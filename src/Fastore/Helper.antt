-- ===== src/Fastore/Helper.antt =====
-- fastore/OREHelper.cpp: the order-revealing scheme on strings, as the client and the proxy use it. It
-- does not look at the error codes of the functions it calls.
pub mod Parts
pub mod Order
pub mod Init
pub mod Odd
use asiaccs.Base.{ℕ, zero, suc, ◌+◌, ◌-◌, ◌*◌, ◌/◌, ◌%◌, ◌^◌, ◌≤◌, ◌<◌, bit_and, bit_or, bit_xor}
use asiaccs.Base.{◌≡◌, refl, sym, ap, ap₂, ◌∙◌, subst, ◌≢◌, ◌↔◌, ◌⊎◌, inl, inr, arith}
use asiaccs.Base.{Bool, true, false, ◌&&◌, ◌||◌, not, Option, none, some, List, [], ◌∷◌, ◌++◌, map}
use asiaccs.Base.{ltb, leb, ◌==◌, if◌then◌else◌, ==_iff, ltb_iff, Bool-cases, Option-cases}
use asiaccs.Base.{u8, u32, u64, sub32, shl64, shr, all_below, length, get_or, get_elem?, set}
use asiaccs.Base.{tabulate, length-append, length-tabulate, get_or-tabulate, length-map, get_or-map}
use asiaccs.Base.{map-tabulate, mod_of_split, div_of_split, pow_le, pow_pos, pow_add, pow_256}
use asiaccs.Base.{
  bytes_hold, pair_lt, ErrorCode, Outcome, ok, err, fault, ◌>>=◌, ◌>>◌, guard, require,
}
use asiaccs.Base.{guard_pass, guard_stop, get_or-tabulate_zero}
use asiaccs.Memory.{Buf, store}
use asiaccs.Fastore.Platform.{Platform, Block, to_value}
use asiaccs.Fastore.Ore.{OreParams, OreKey, OreQuery, OreIndex, Malloc, null_buf, init_ore_params}
use asiaccs.Fastore.Ore.{ore_key_setup, ore_query_init, ore_index_init, ore_query_left_len}
use asiaccs.Fastore.Ore.{ore_index_right_len, ore_small, ore_large, ore_key_cleanup}
use asiaccs.Fastore.Ore.{ore_query_cleanup, ore_index_cleanup}
use asiaccs.Fastore.Ore.Hash.{Prg, next_prg_block}
use asiaccs.Fastore.Ore.Setup.{ore_query_setup, ore_index_setup, index_guards}
use asiaccs.Fastore.Ore.Compare.{Answer, ore_compare}

-- DEF_PLAINTEXT_SIZE_INBIT and DEF_COMPARE_SIZE_INBIT, as `Init` writes them.
abbrev pub plaintext_bits : ℕ
plaintext_bits = 32

abbrev pub compare_bits : ℕ
compare_bits = 64

-- `m_params`, `m_key`, `m_query` and `m_index`.
pub record OreHelper : Type 0 where
  pub params : OreParams
  pub key : OreKey
  pub query : OreQuery
  pub index : OreIndex

-- A call whose error code is dropped: on an error the state is the given one.
abbrev pub dropped {ℓ} : {A : Type ℓ} → Outcome A → (ErrorCode → A) → Outcome A
dropped (ok a) old = ok a
dropped (err e) old = ok (old e)
dropped fault old = fault

-- A buffer pointer that `malloc` may have set to null before the error was found.
abbrev pub after_error : ErrorCode → Buf → Buf
after_error ErrorCode.memory_allocation b = null_buf
after_error _ b = b

-- `memcpy(p, buf, n)` into a string, and `memcpy(buf, p, n)` out of one.
unfoldable pub copy_out : Buf → ℕ → Outcome (List ℕ)
copy_out b n = do require (leb n b.size); ok (tabulate n 0 b.at)

unfoldable pub copy_in : Buf → List ℕ → ℕ → Outcome Buf
copy_in b s n = do
  require (leb n b.size && leb n (length s))
  ok (record { size = b.size; at = λ k. if ltb k n then get_or s k 0 else b.at k })

module _ ⦃p : Platform⦄ where
  -- `Init`, from the fields as they are. `middle` is the unwritten variable of `ore_key_setup`.
  unfoldable pub helper_init : Malloc → Block → List ℕ → ℕ → OreHelper → Outcome OreHelper
  helper_init malloc middle main_key block_size h = do
    let params : OreParams = record {
      initialized = true;
      nbits = plaintext_bits;
      block_len = block_size;
      cmp_len = compare_bits;
    }
    params' ← dropped (init_ore_params plaintext_bits block_size compare_bits) (λ e. params)
    key ← dropped (ore_key_setup middle main_key params') (λ e. h.key)
    query ← dropped (ore_query_init malloc (some h.query) (some params')) (λ e. record {
      initialized = h.query.initialized;
      comp_left = after_error e h.query.comp_left;
    })
    index ← dropped (ore_index_init malloc (some h.index) (some params')) (λ e. record {
      initialized = h.index.initialized;
      comp_right = after_error e h.index.comp_right;
    })
    ok (record { params = params'; key = key; query = query; index = index })

  -- `CreateLeft`; `above` is `iCmp > 0`. An error of `ore_query_setup` comes before its first write,
  -- so that the old bytes are copied then. A block length of zero is a division by zero.
  unfoldable pub create_left :
      OreHelper → ℕ → Bool → List ℕ → List ℕ → ℕ → Outcome (List ℕ × OreHelper)
  create_left h len above table col val = do
    require (not (h.params.block_len == 0))
    let len_left = ore_query_left_len h.params
    require (leb len_left len)
    let cmp = if above then ore_large else ore_small
    query ← dropped (ore_query_setup (some h.query) h.key val (table ++ col) cmp) (λ e. h.query)
    left ← copy_out query.comp_left len_left
    ok (left, record h { query = query })

  -- The index after an error: past the checks the nonce is written.
  unfoldable pub index_after_error : OreHelper → Block → Outcome OreIndex
  index_after_error h nonce = elim (index_guards h.key h.index) [
    | ok _ ↦ store h.index.comp_right 0 16 (to_value nonce) >>= λ b.
        ok (record { initialized = h.index.initialized; comp_right = b })
    | _ ↦ ok h.index
  ]

  abbrev pub dropped_index : OreHelper → Block → Outcome OreIndex → Outcome OreIndex
  dropped_index h nonce (ok c) = ok c
  dropped_index h nonce (err e) = index_after_error h nonce
  dropped_index h nonce fault = fault

  -- `CreateRight`, with the state of the static generator.
  unfoldable pub create_right :
      Bool → Prg → OreHelper → ℕ → List ℕ → List ℕ → ℕ → ℕ → Outcome (List ℕ × OreHelper) × Prg
  create_right allocated prg h len table col counter val =
      let (filled, prg') = ore_index_setup allocated prg h.index h.key val (table ++ col) counter in
      let run = (do
        index ← dropped_index h (next_prg_block prg).0 filled
        right ← copy_out index.comp_right (ore_index_right_len h.params)
        ok (right, record h { index = index })) in
      if h.params.block_len == 0 || ltb len (ore_index_right_len h.params)
      then (fault, prg)
      else (run, prg')

  -- `CompareORE`: the answer is not written when `ore_compare` returns an error.
  unfoldable pub compare_ore : OreHelper → List ℕ → List ℕ → ℕ → Outcome (Option Answer × OreHelper)
  compare_ore h left right counter = do
    require (not (h.params.block_len == 0))
    let len_left = ore_query_left_len h.params
    let len_right = ore_index_right_len h.params
    require (leb len_left (length left))
    require (leb len_right (length right))
    l ← copy_in h.query.comp_left left len_left
    r ← copy_in h.index.comp_right right len_right
    let query = record h.query { comp_left = l }
    let index = record h.index { comp_right = r }
    let compared = ore_compare query index h.params counter >>= λ a. ok (some a)
    answer ← dropped compared (λ e. none)
    ok (answer, record h { query = query; index = index })

-- The destructor, which cleans up after a set-up key.
unfoldable pub helper_cleanup : OreHelper → Outcome OreHelper
helper_cleanup h =
    let run = (do
      key ← dropped (ore_key_cleanup h.key) (λ e. h.key)
      q ← dropped (ore_query_cleanup (some h.query) h.params) (λ e. some h.query)
      c ← dropped (ore_index_cleanup (some h.index) h.params) (λ e. some h.index)
      ok (record {
        params = h.params;
        key = key;
        query = elim q [ none ↦ h.query | some v ↦ v ];
        index = elim c [ none ↦ h.index | some v ↦ v ];
      })) in
    if h.key.initialized then run else ok h
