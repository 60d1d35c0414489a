-- ===== src/Client/Routing.antt =====
-- Client/SimConHash.h, and the ring that `ClientCpp::Init` builds with it.
pub mod Share
use asiaccs.Base.{ℕ, zero, suc, ◌+◌, ◌-◌, ◌*◌, ◌/◌, ◌%◌, ◌^◌, ◌≤◌, ◌<◌, bit_and, bit_or, bit_xor}
use asiaccs.Base.{◌≡◌, refl, sym, ap, ap₂, ◌∙◌, subst, ◌≢◌, ◌↔◌, ◌⊎◌, inl, inr, arith}
use asiaccs.Base.{Bool, true, false, ◌&&◌, ◌||◌, not, Option, none, some, List, [], ◌∷◌, ◌++◌, map}
use asiaccs.Base.{ltb, leb, ◌==◌, if◌then◌else◌, ==_iff, ltb_iff, Bool-cases, Option-cases}
use asiaccs.Base.{u8, u32, u64, sub32, shl64, shr, all_below, length, get_or, get_elem?, set}
use asiaccs.Base.{tabulate, length-append, length-tabulate, get_or-tabulate, length-map, get_or-map}
use asiaccs.Base.{map-tabulate, mod_of_split, div_of_split, pow_le, pow_pos, pow_add, pow_256}
use asiaccs.Base.{
  bytes_hold, pair_lt, ErrorCode, Outcome, ok, err, fault, ◌>>=◌, ◌>>◌, guard, require,
}
use asiaccs.Base.{guard_pass, guard_stop, get_or-tabulate_zero}
use native.Mathlib.Nat.{mul-suc}

-- MaxNodeNum
abbrev pub max_node_num : ℕ
max_node_num = 100

-- `m_arCondition` up to `m_uiNodeNum`; the node of an entry is its position.
pub record SimConHash : Type 0 where
  pub nodes : List ℕ

-- The first position whose bound is above the key, else the last one.
unfoldable pub query_from : List ℕ → ℕ → ℕ → ℕ
query_from [] key i = i - 1
query_from (c ∷ cs) key i = let rest = query_from cs key (suc i) in if ltb key c then i else rest

-- `Query`
unfoldable pub query : SimConHash → ℕ → Option ℕ
unfolding query_from
query ring key = if length ring.nodes == 0 then none else some (query_from ring.nodes key 0)

-- `InsertNode`: the arrays have room for 100 nodes, which nothing checks.
unfoldable pub insert_node : SimConHash → ℕ → Outcome SimConHash
insert_node ring key_beg = do
  require (ltb (length ring.nodes) max_node_num)
  ok (record { nodes = ring.nodes ++ (key_beg ∷ []) })

-- `uiMax / uiServerNum - 5`, on `uint32_t`.
abbrev pub interval : ℕ → ℕ
interval server_num = sub32 ((2 ^ 32 - 1) / server_num) 5

unfoldable pub insert_all : ℕ → (left : ℕ) → ℕ → SimConHash → Outcome SimConHash
insert_all step zero cur ring = ok ring
insert_all step (suc left) cur ring =
    insert_node ring (u32 (step * (cur + 1))) >>= insert_all step left (suc cur)

-- The loop of `Init`, from an empty ring: no server at all is a division by zero.
unfoldable pub init_ring : ℕ → Outcome SimConHash
unfolding insert_all insert_node
init_ring server_num = do
  require (not (server_num == 0))
  insert_all (interval server_num) server_num 0 (record { nodes = [] })
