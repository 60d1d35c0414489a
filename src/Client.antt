-- ===== src/Client.antt =====
-- Client/ClientCpp.cpp: the client, which derives labels and index entries from its keys, keeps the
-- counters of its indexes, and sends each row to one proxy.
pub mod Routing
pub mod Spread
pub mod Put
pub mod Lookup
pub mod Log
pub mod Index
pub mod Range
pub mod Readback
pub mod Ranked
pub mod Column
pub mod Plain
use asiaccs.Base.{ℕ, zero, suc, ◌+◌, ◌-◌, ◌*◌, ◌/◌, ◌%◌, ◌^◌, ◌≤◌, ◌<◌, bit_and, bit_or, bit_xor}
use asiaccs.Base.{◌≡◌, refl, sym, ap, ap₂, ◌∙◌, subst, ◌≢◌, ◌↔◌, ◌⊎◌, inl, inr, arith}
use asiaccs.Base.{Bool, true, false, ◌&&◌, ◌||◌, not, Option, none, some, List, [], ◌∷◌, ◌++◌, map}
use asiaccs.Base.{ltb, leb, ◌==◌, if◌then◌else◌, ==_iff, ltb_iff, Bool-cases, Option-cases}
use asiaccs.Base.{u8, u32, u64, sub32, shl64, shr, all_below, length, get_or, get_elem?, set}
use asiaccs.Base.{tabulate, length-append, length-tabulate, get_or-tabulate, length-map, get_or-map}
use asiaccs.Base.{map-tabulate, mod_of_split, div_of_split, pow_le, pow_pos, pow_add, pow_256}
use asiaccs.Base.{
  bytes_hold, pair_lt, ErrorCode, Outcome, ok, err, fault, ◌>>=◌, ◌>>◌, guard, require,
}
use asiaccs.Base.{guard_pass, guard_stop, get_or-tabulate_zero}
use asiaccs.Proxy.Services.{Bytes, Backend, equal_bytes, take_bytes}
use asiaccs.Proxy.{
  flag_bytes, proxy_get, proxy_put, equal_search_1, equal_search_2, index_stop_flag,
}
use asiaccs.Proxy.{at_counter, digest_length, proxy_get_column}
use asiaccs.Fastore.Helper.{OreHelper}
use asiaccs.Fastore.Ore.Hash.{Prg}
use asiaccs.Client.Routing.{SimConHash, query}

-- DEF_MAX_TDVALUE_SIZE
abbrev pub max_tdvalue_size : ℕ
max_tdvalue_size = 10240

-- The keys `m_szPk1` to `m_szPk10`.
pub record Keys : Type 0 where
  pub pk1 : Bytes
  pub pk2 : Bytes
  pub pk3 : Bytes
  pub pk4 : Bytes
  pub pk5 : Bytes
  pub pk6 : Bytes
  pub pk7 : Bytes
  pub pk8 : Bytes
  pub pk9 : Bytes
  pub pk10 : Bytes

-- A counter for each server and label, zero when there is none yet.
abbrev pub Counters : Type 0
Counters = ℕ → Bytes → ℕ

-- `map[id][label]++`
unfoldable pub bump : Counters → ℕ → Bytes → Counters
bump m id label i l = if i == id && equal_bytes l label then u32 (m id label + 1) else m i l

-- The member variables that `Put` changes, with the keys and the ring.
pub record ClientCpp : Type 0 where
  pub keys : Keys
  pub column_counter : Counters
  pub equal_v1_counter : Counters
  pub equal_v2_counter : Counters
  pub order_counter : Counters
  pub ring : SimConHash
  pub ore_helper : OreHelper
  -- the static generator of fastore/ore_blk.cpp, which `CreateRight` uses
  pub prg : Prg

-- `InitKey`: the keys are digests of the main key with a suffix.
unfoldable pub init_key : (Bytes → Bytes) → Bytes → Keys
init_key sha256 key =
    let derive = λ (suffix : Bytes). sha256 (key ++ (80 ∷ 75 ∷ suffix)) in
    record {
      pk1 = derive (49 ∷ []);
      pk2 = derive (50 ∷ []);
      pk3 = derive (51 ∷ []);
      pk4 = derive (52 ∷ []);
      pk5 = derive (53 ∷ []);
      pk6 = derive (54 ∷ []);
      pk7 = derive (55 ∷ []);
      pk8 = derive (56 ∷ []);
      pk9 = derive (57 ∷ []);
      pk10 = derive (49 ∷ 48 ∷ []);
    }

-- The 32-bit word at an offset of a digest.
abbrev pub word_at : Bytes → ℕ → ℕ
word_at s o =
    get_or s o 0
    + get_or s (o + 1) 0 * 2 ^ 8
    + get_or s (o + 2) 0 * 2 ^ 16
    + get_or s (o + 3) 0 * 2 ^ 24

-- What `Get` and `Put` ask the ring for. `Put` leaves out the word at 12.
unfoldable pub get_route : Bytes → ℕ
get_route td = word_at td 0

unfoldable pub put_route : Bytes → ℕ
put_route td =
    let a = bit_xor (bit_xor (word_at td 0) (word_at td 4)) (word_at td 8) in
    let c = bit_xor (bit_xor a (word_at td 16)) (word_at td 20) in
    bit_xor (bit_xor c (word_at td 24)) (word_at td 28)

module _ ⦃b : Backend⦄ (keys : Keys) where
  unfoldable pub trapdoor : Bytes → Bytes → Bytes → Bytes
  trapdoor table key col = b.hmac keys.pk1 (table ++ (key ++ col))

  -- The entry of the column index: the flag and the trapdoor under the mask and four zeros.
  unfoldable pub column_entry : Bytes → Bytes → Bytes → ℕ → Bytes × Bytes
  column_entry table col td c =
      let mask = at_counter (b.hmac keys.pk4 (table ++ col)) c ++ (0 ∷ 0 ∷ 0 ∷ 0 ∷ []) in
      let plain = flag_bytes ++ td in
      (
        at_counter (b.hmac keys.pk3 (table ++ col)) c,
        tabulate 36 0 (λ i. bit_xor (get_or mask i 0) (get_or plain i 0)),
      )

  -- The entries of the equality indexes: a tag of the value, then the trapdoor.
  unfoldable pub equal_v1_entry : Bytes → Bytes → Bytes → Bytes → ℕ → Bytes × Bytes
  equal_v1_entry table col val td c = (
    at_counter (b.hmac keys.pk6 (table ++ col)) c,
    at_counter (b.hmac keys.pk7 ((table ++ col) ++ val)) c ++ td,
  )

  unfoldable pub equal_v2_entry : Bytes → Bytes → Bytes → Bytes → ℕ → Bytes × Bytes
  equal_v2_entry table col val td c = (
    at_counter (b.hmac keys.pk8 ((table ++ col) ++ val)) c,
    at_counter (b.hmac keys.pk9 ((table ++ col) ++ val)) c ++ td,
  )

  -- The entry of the order index: the trapdoor, then the right part of the encrypted value.
  unfoldable pub order_entry : Bytes → Bytes → Bytes → Bytes → ℕ → Bytes × Bytes
  order_entry table col right td c = (at_counter (b.hmac keys.pk10 (table ++ col)) c, td ++ right)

_ _ _ _ _ _ _

## PROBLEM TO SOLVE
Copy back the listing above exactly, but only from the line with "with a suffix." through the line with "pk5 = derive (53 ∷ []);", both ends included.

## OUTPUT BELOW
-- `InitKey`: the keys are digests of the main key with a suffix.
unfoldable pub init_key : (Bytes → Bytes) → Bytes → Keys
init_key sha256 key =
    let derive = λ (suffix : Bytes). sha256 (key ++ (80 ∷ 75 ∷ suffix)) in
    record {
      pk1 = derive (49 ∷ []);
      pk2 = derive (50 ∷ []);
      pk3 = derive (51 ∷ []);
      pk4 = derive (52 ∷ []);
      pk5 = derive (53 ∷ []);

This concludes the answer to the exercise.